IF YOU’RE anything like me and have always wondered where car manufactures get their claimed fuel consumption and performance figures from, you’ll find what I’m about to tell you, quite interesting. You see, most of the time, we simply accept the claimed power/torque outputs of a car as well as the performance/fuel economy figures.

The problem is, these figures are not always accurate. That’s why there are thousands of comparative videos on YouTube and write-ups in newspapers, magazines and on line, comparing vehicles in the real world. I mean, the people who provide us with the claimed figures are the ones who produce and sell us the car. Are we going to believe them? Of course the figures they claim will be as low/high/impressive as they dare. After all, they want to sell us a vehicle, not provide us with an objective review of its real-world performance.

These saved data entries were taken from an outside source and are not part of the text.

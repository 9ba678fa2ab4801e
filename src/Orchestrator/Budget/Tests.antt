-- ===== src/Orchestrator/Budget/Tests.antt =====
-- Runs of the guard of budget.py.
use caqrs.Prelude.{ℕ, ◌+◌, true, false, List, [], ◌∷◌, none, some, ◌≡◌, refl, arith, returned, inl}
use caqrs.Prelude.Int.{pos, negsuc}
use caqrs.Orchestrator.Listeners.{notify}
use caqrs.Orchestrator.Events.{budget_exceeded_event}
use caqrs.Orchestrator.EventLog.{Codec, EventLog, append}
use caqrs.Orchestrator.Budget.{
  CycleBudget, BudgetGuard, BudgetStatus, token_exceeded, init, classify, breach_event, check,
  consume, emit_if_first_breach,
}
use caqrs.Orchestrator.Budget.Classify.{
  Call, consuming, checking, run, run-counts, token_breach_is_final,
}
use caqrs.Orchestrator.Budget.Alarm.{Progress, one_report, events_of, breach_is_reported}

abbrev codec : Codec
codec = record { dump_json = λ e. []; validate_json = λ t. none }

abbrev budget : CycleBudget
budget = record { cycle_id = "c-1"; token_cap = 100; wallclock_cap = 5000000 }

abbrev log : EventLog ℕ
log = record { events = []; persist_to = none; listeners = (λ e n. (returned tt, n + 1)) ∷ [] }

-- The tokens are over the cap from the third call on; a negative count is refused.
abbrev calls : List Call
calls =
    consuming (pos 40) (pos 30) 1000000
    ∷ consuming (pos 1) (negsuc 0) 1500000
    ∷ consuming (pos 25) (pos 10) 2000000
    ∷ checking 9000000
    ∷ []

run-reports :
    events_of codec (run codec calls (init budget 0) (some log) 0).1
    ≡ budget_exceeded_event "c-1" "token" 105 100 ∷ []
unfolding init check consume classify emit_if_first_breach breach_event append notify
run-reports = refl

run-counts_test :
    ((run codec calls (init budget 0) (some log) 0).0.tokens_consumed ≡ 105)
    × ((run codec calls (init budget 0) (some log) 0).0.budget ≡ budget)
unfolding init
run-counts_test = run-counts codec calls (init budget 0) (some log) 0

abbrev spent : BudgetGuard
spent = record { budget = budget; started_at = 0; tokens_consumed = 101; exceeded_emitted = false }

abbrev over : BudgetStatus
over = record {
  kind = token_exceeded;
  tokens_consumed = 206;
  token_cap = 100;
  elapsed = 9500000;
  wallclock_cap = 5000000;
}

over_status :
    (let (g', log', w') = run codec calls spent (some log) 0 in
      (check codec g' 9500000 log' w').0 ≡ returned over)
unfolding check consume classify emit_if_first_breach breach_event append notify
over_status = refl

token_breach_is_final_test : over.kind ≡ token_exceeded
token_breach_is_final_test =
    token_breach_is_final codec calls spent (some log) 0 9500000 (omega arith) over_status

one_report_example :
    let r = run codec calls (init budget 0) (some log) 0 in
    Progress budget false r.0.exceeded_emitted [] (events_of codec r.1)
one_report_example = one_report codec budget 0 calls (some log) 0

breach_is_reported_test : (check codec spent 10 (some log) 0).1.exceeded_emitted ≡ true
breach_is_reported_test = breach_is_reported codec spent 10 log 0 (omega arith) (inl (omega arith))
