-- ===== src/Orchestrator/CycleQueue.antt =====
-- src/caqrs/orchestrator/cycle_queue.py: the queue of cycles. A coroutine gives way to others only
-- where it waits for the runner, so a call is two parts: what it does until it hands an input to the
-- runner, and what it does when the runner is done. `R` is the runner's `CycleResult`.
pub mod World
pub mod Serial
pub mod Drain
mod Tests
use caqrs.Prelude.{
  ℕ, Bool, true, false, List, [], ◌∷◌, ◌++◌, Option, none, some, length, ◌||◌, if◌then◌else◌, Reply,
  returned, raised,
}

pub record CycleQueue {ℓ} (I : Type ℓ) : Type ℓ where
  pub waiting : List I
  pub running : Bool

-- How a call goes on: it has an answer, or it waits for the runner with an input.
pub data Progress {ℓ κ} (I : Type ℓ) (B : Type κ) : Type (ℓ ⊔ κ) where
  answered : Reply B → Progress I B
  started : I → Progress I B

module _ {ℓ} {I : Type ℓ} where
  -- `__init__`
  unfoldable pub init : CycleQueue I
  init = record { waiting = []; running = false }

  -- `pending`
  unfoldable pub pending : CycleQueue I → ℕ
  pending q = length q.waiting

  unfoldable pub enqueue : CycleQueue I → I → CycleQueue I
  enqueue q observer_input = record q { waiting = q.waiting ++ observer_input ∷ [] }

  -- `_run_guarded` up to the runner, and after it.
  abbrev pub guard_enter : CycleQueue I → CycleQueue I
  guard_enter q = record q { running = true }

  abbrev pub guard_leave : CycleQueue I → CycleQueue I
  guard_leave q = record q { running = false }

module _ {ℓ κ} {I : Type ℓ} {R : Type κ} where
  -- `run_one` up to the runner.
  unfoldable pub run_one : CycleQueue I → Progress I (Option R) × CycleQueue I
  run_one q = elim q.waiting [
    | [] ↦ (answered (returned none), q)
    | observer_input ∷ rest ↦
        if q.running
        then (answered (returned none), q)
        else (started observer_input, guard_enter (record q { waiting = rest }))
  ]

  -- `run_one` after the runner.
  unfoldable pub run_one_end : CycleQueue I → Reply R → Reply (Option R) × CycleQueue I
  run_one_end q (returned result) = (returned (some result), guard_leave q)
  run_one_end q raised = (raised, guard_leave q)

  -- The loop of `drain` up to the runner, with the results so far.
  unfoldable pub drain_loop : CycleQueue I → List R → Progress I (List R) × CycleQueue I
  drain_loop q results = elim q.waiting [
    | [] ↦ (answered (returned results), q)
    | observer_input ∷ rest ↦ (started observer_input, guard_enter (record q { waiting = rest }))
  ]

  unfoldable pub drain : CycleQueue I → Progress I (List R) × CycleQueue I
  drain q = if q.running then (answered (returned []), q) else drain_loop q []

  -- `drain` after the runner: an exception leaves the loop, and the results with it.
  unfoldable pub drain_resume : CycleQueue I → List R → Reply R → Progress I (List R) × CycleQueue I
  drain_resume q results (returned result) = drain_loop (guard_leave q) (results ++ result ∷ [])
  drain_resume q results raised = (answered raised, guard_leave q)
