-- ===== src/Orchestrator/CycleQueue/World.antt =====
-- The callers of cycle_queue.py and the steps that they and the runner take.
use caqrs.Prelude.{
  Bool, true, false, List, [], ◌∷◌, ◌++◌, map, Option, none, Reply, returned, raised, ◌≡◌, refl,
  ◌⊎◌, arith,
}
use caqrs.Orchestrator.CycleQueue.{
  CycleQueue, Progress, answered, started, init, enqueue, run_one, run_one_end, drain, drain_loop,
  drain_resume,
}

-- A caller that waits for the runner: with an input, and a `drain` with its results so far.
pub data Caller {ℓ κ} (I : Type ℓ) (R : Type κ) : Type (ℓ ⊔ κ) where
  running_one : I → Caller I R
  draining : List R → I → Caller I R

pub data Answer {κ} (R : Type κ) : Type κ where
  one : Reply (Option R) → Answer R
  all : Reply (List R) → Answer R

-- The queue, the callers that wait for the runner, every input that ever came, every run that ended
-- with its outcome, oldest first, and the answers of the calls, newest first.
pub record World {ℓ κ} (I : Type ℓ) (R : Type κ) : Type (ℓ ⊔ κ) where
  pub queue : CycleQueue I
  pub waiting : List (Caller I R)
  pub arrived : List I
  pub ended : List (I × Reply R)
  pub answers : List (Answer R)

abbrev pub so_far {κ} : {R : Type κ} → List R → Reply R → List R
so_far results (returned r) = results ++ r ∷ []
so_far results raised = results

module _ {ℓ κ} {I : Type ℓ} {R : Type κ} where
  abbrev pub input_of : Caller I R → I
  input_of (running_one i) = i
  input_of (draining results i) = i

  -- A call of `run_one` or `drain` that went as far as it can: it waits, or it has an answer.
  abbrev pub goes_one : World I R → Progress I (Option R) × CycleQueue I → World I R
  goes_one w (answered a, q) = record w { queue = q; answers = one a ∷ w.answers }
  goes_one w (started i, q) = record w { queue = q; waiting = running_one i ∷ w.waiting }

  abbrev pub goes_all : List R → World I R → Progress I (List R) × CycleQueue I → World I R
  goes_all results w (answered a, q) = record w { queue = q; answers = all a ∷ w.answers }
  goes_all results w (started i, q) = record w {
    queue = q;
    waiting = draining results i ∷ w.waiting;
  }

  -- The runner is done with the input of a caller.
  abbrev pub ends : World I R → Caller I R → List (Caller I R) → Reply R → World I R
  ends w caller others outcome = record w {
    waiting = others;
    ended = w.ended ++ (input_of caller, outcome) ∷ [];
  }

  abbrev pub resumes : World I R → Caller I R → Reply R → World I R
  resumes w (running_one i) outcome =
      let (a, q) = run_one_end w.queue outcome in
      record w { queue = q; answers = one a ∷ w.answers }
  resumes w (draining results i) outcome =
      goes_all (so_far results outcome) w (drain_resume w.queue results outcome)

  -- One step: an input comes, a call is made, or the runner is done for any of the waiting callers.
  pub data Step : World I R → World I R → Type (ℓ ⊔ κ) where
    enqueues :
        (w : World I R) (i : I)
        → Step w (record w { queue = enqueue w.queue i; arrived = w.arrived ++ i ∷ [] })
    calls_run_one : (w : World I R) → Step w (goes_one w (run_one w.queue))
    calls_drain : (w : World I R) → Step w (goes_all [] w (drain w.queue))
    finishes :
        (w : World I R) (before : List (Caller I R)) (caller : Caller I R)
        (after : List (Caller I R)) (outcome : Reply R)
        → w.waiting ≡ before ++ caller ∷ after
        → Step w (resumes (ends w caller (before ++ after) outcome) caller outcome)

  pub data Reachable : World I R → Type (ℓ ⊔ κ) where
    at_start :
        Reachable (record { queue = init; waiting = []; arrived = []; ended = []; answers = [] })
    after_step : {w w' : World I R} → Reachable w → Step w w' → Reachable w'

  -- The results of a waiting `drain` are those of the newest runs that ended, in order.
  abbrev pub Collected : List (I × Reply R) → List R → Type (ℓ ⊔ κ)
  Collected ended results =
      (earlier : List (I × Reply R)) × (mine : List (I × R)) × (ended
        ≡ earlier ++ map (λ e. (e.0, returned e.1)) mine)
      × (results ≡ map (λ e. e.1) mine)

  abbrev pub IsCollected : List (I × Reply R) → Caller I R → Type (ℓ ⊔ κ)
  IsCollected ended (running_one i) = Unit
  IsCollected ended (draining results i) = Collected ended results

  -- At most one caller waits for the runner, and the flag says whether one does.
  abbrev pub IsServed : Bool → List (I × Reply R) → List (Caller I R) → Type (ℓ ⊔ κ)
  IsServed running ended waiting =
      ((running ≡ false) × (waiting ≡ []))
      ⊎ ((c : Caller I R) × (running ≡ true) × (waiting ≡ c ∷ []) × IsCollected ended c)

  -- What holds of the world at any time: the inputs that came are those of the runs that ended, then
  -- the one that runs, then those in the queue, in the order in which they came.
  pub record IsSerial (w : World I R) : Type (ℓ ⊔ κ) where
    pub fifo : w.arrived ≡ map (λ e. e.0) w.ended ++ (map input_of w.waiting ++ w.queue.waiting)
    pub served : IsServed w.queue.running w.ended w.waiting

  pub run_one_nothing :
      (q : CycleQueue I) → q.waiting ≡ [] → run_one {R = R} q ≡ (answered (returned none), q)
  unfolding run_one
  run_one_nothing q h = rw h refl

  pub run_one_busy :
      (q : CycleQueue I) → q.running ≡ true → run_one {R = R} q ≡ (answered (returned none), q)
  unfolding run_one
  run_one_busy q h = ground (arith, h)

  pub run_one_starts :
      (q : CycleQueue I) {i : I} {rest : List I}
      → q.waiting ≡ i ∷ rest
      → q.running ≡ false
      → run_one {R = R} q ≡ (started i, record { waiting = rest; running = true })
  unfolding run_one
  run_one_starts q next free = rw (next, free) refl

  pub drain_loop_ends :
      (q : CycleQueue I) (results : List R)
      → q.waiting ≡ []
      → drain_loop q results ≡ (answered (returned results), q)
  unfolding drain_loop
  drain_loop_ends q results h = rw h refl

  pub drain_loop_starts :
      (q : CycleQueue I) (results : List R) {i : I} {rest : List I}
      → q.waiting ≡ i ∷ rest
      → drain_loop q results ≡ (started i, record { waiting = rest; running = true })
  unfolding drain_loop
  drain_loop_starts q results next = rw next refl

  pub drain_busy :
      (q : CycleQueue I) → q.running ≡ true → drain {R = R} q ≡ (answered (returned []), q)
  unfolding drain
  drain_busy q h = rw h refl

  pub drain_free : (q : CycleQueue I) → q.running ≡ false → drain {R = R} q ≡ drain_loop q []
  unfolding drain
  drain_free q h = rw h refl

Don’t think for a second that I’m accusing motor manufacturers of providing false information to the consumer. The figures that each company puts forward have been achieved, just not in the same way we may think. Take European cars as an example. The European Union (EU) has a vehicle-testing procedure for fuel consumption called the New European Driving Cycle. The test is conducted under laboratory conditions where different driving environments are simulated. The fuel consumptions achieved in these tests are carried out without the power-draining electronics fitted to the car that we buy and will obviously be lower than those given in the real world.

In the USA the Environmental Protection Agency (EPA) recently discovered that a certain manufacturer was providing fuel consumption figures that weren’t achievable in any instance. It was discovered that an error was made by the testing crew, employed by the manufacturer. As a result, consumers who purchased the vehicles were refunded all the money they’d spent over and above the claimed consumption.

It’s very important to note that many fuel consumption test results published by manufacturers also assume that we spend around 55 percent of our time driving in the urban environment and 45 percent on the highway. I know that I spend the majority of my time in the urban environment and a smaller portion on the highway.

We can’t all rush out now and claim our petrol money back from the manufacturers after reading this - that’s just plain silly! Our vehicles can come very close to achieving the claimed consumption figures that many manufacturers put out there. But being employed citizens who need to get to work within a reasonable time, driving like an Eco fundi simply won’t cut it. So, we drive with a bit more vigour and therefore our consumption is slightly higher.

My personal vehicle as well as our long-term Civic, here at Autodealer, both struggle to achieve the factory claimed consumption figures but at the same time they’re not very far off. We have to remember, living in Gauteng is tough on our cars; our climate is far warmer than Europe’s and our traffic is often more severe. Johannesburg was labelled the fifth most congested city in the world during a 2012 study conducted by IBM. And now, many more commuters are using back roads in order to avoid e-tolls and there’s been slow transport infrastructure growth and who knows, it may even be worse now in 2014.

The air also is thin meaning that both turbocharged - and especially naturally aspirated cars - need to work harder so as to create that air/fuel mixture that makes an internal combustion engine work. This is where the performance side of things comes in, too. Up here at the reef, all vehicles are affected by the altitude. In Johannesburg we’re over 1 600 metres above sea level while Pretoria is around 1 400 meters above.

This means that a non-turbo car produces up to 18 percent less power up here meaning the car has to be driven harder to get acceptable performance for everyday driving. A turbo car, thanks to forced air induction, will lose a small amount of power. However, the engine has to work harder to make that power by compensating for the lack of air available. We should accept that where we live, our cars are slower and heavier on fuel.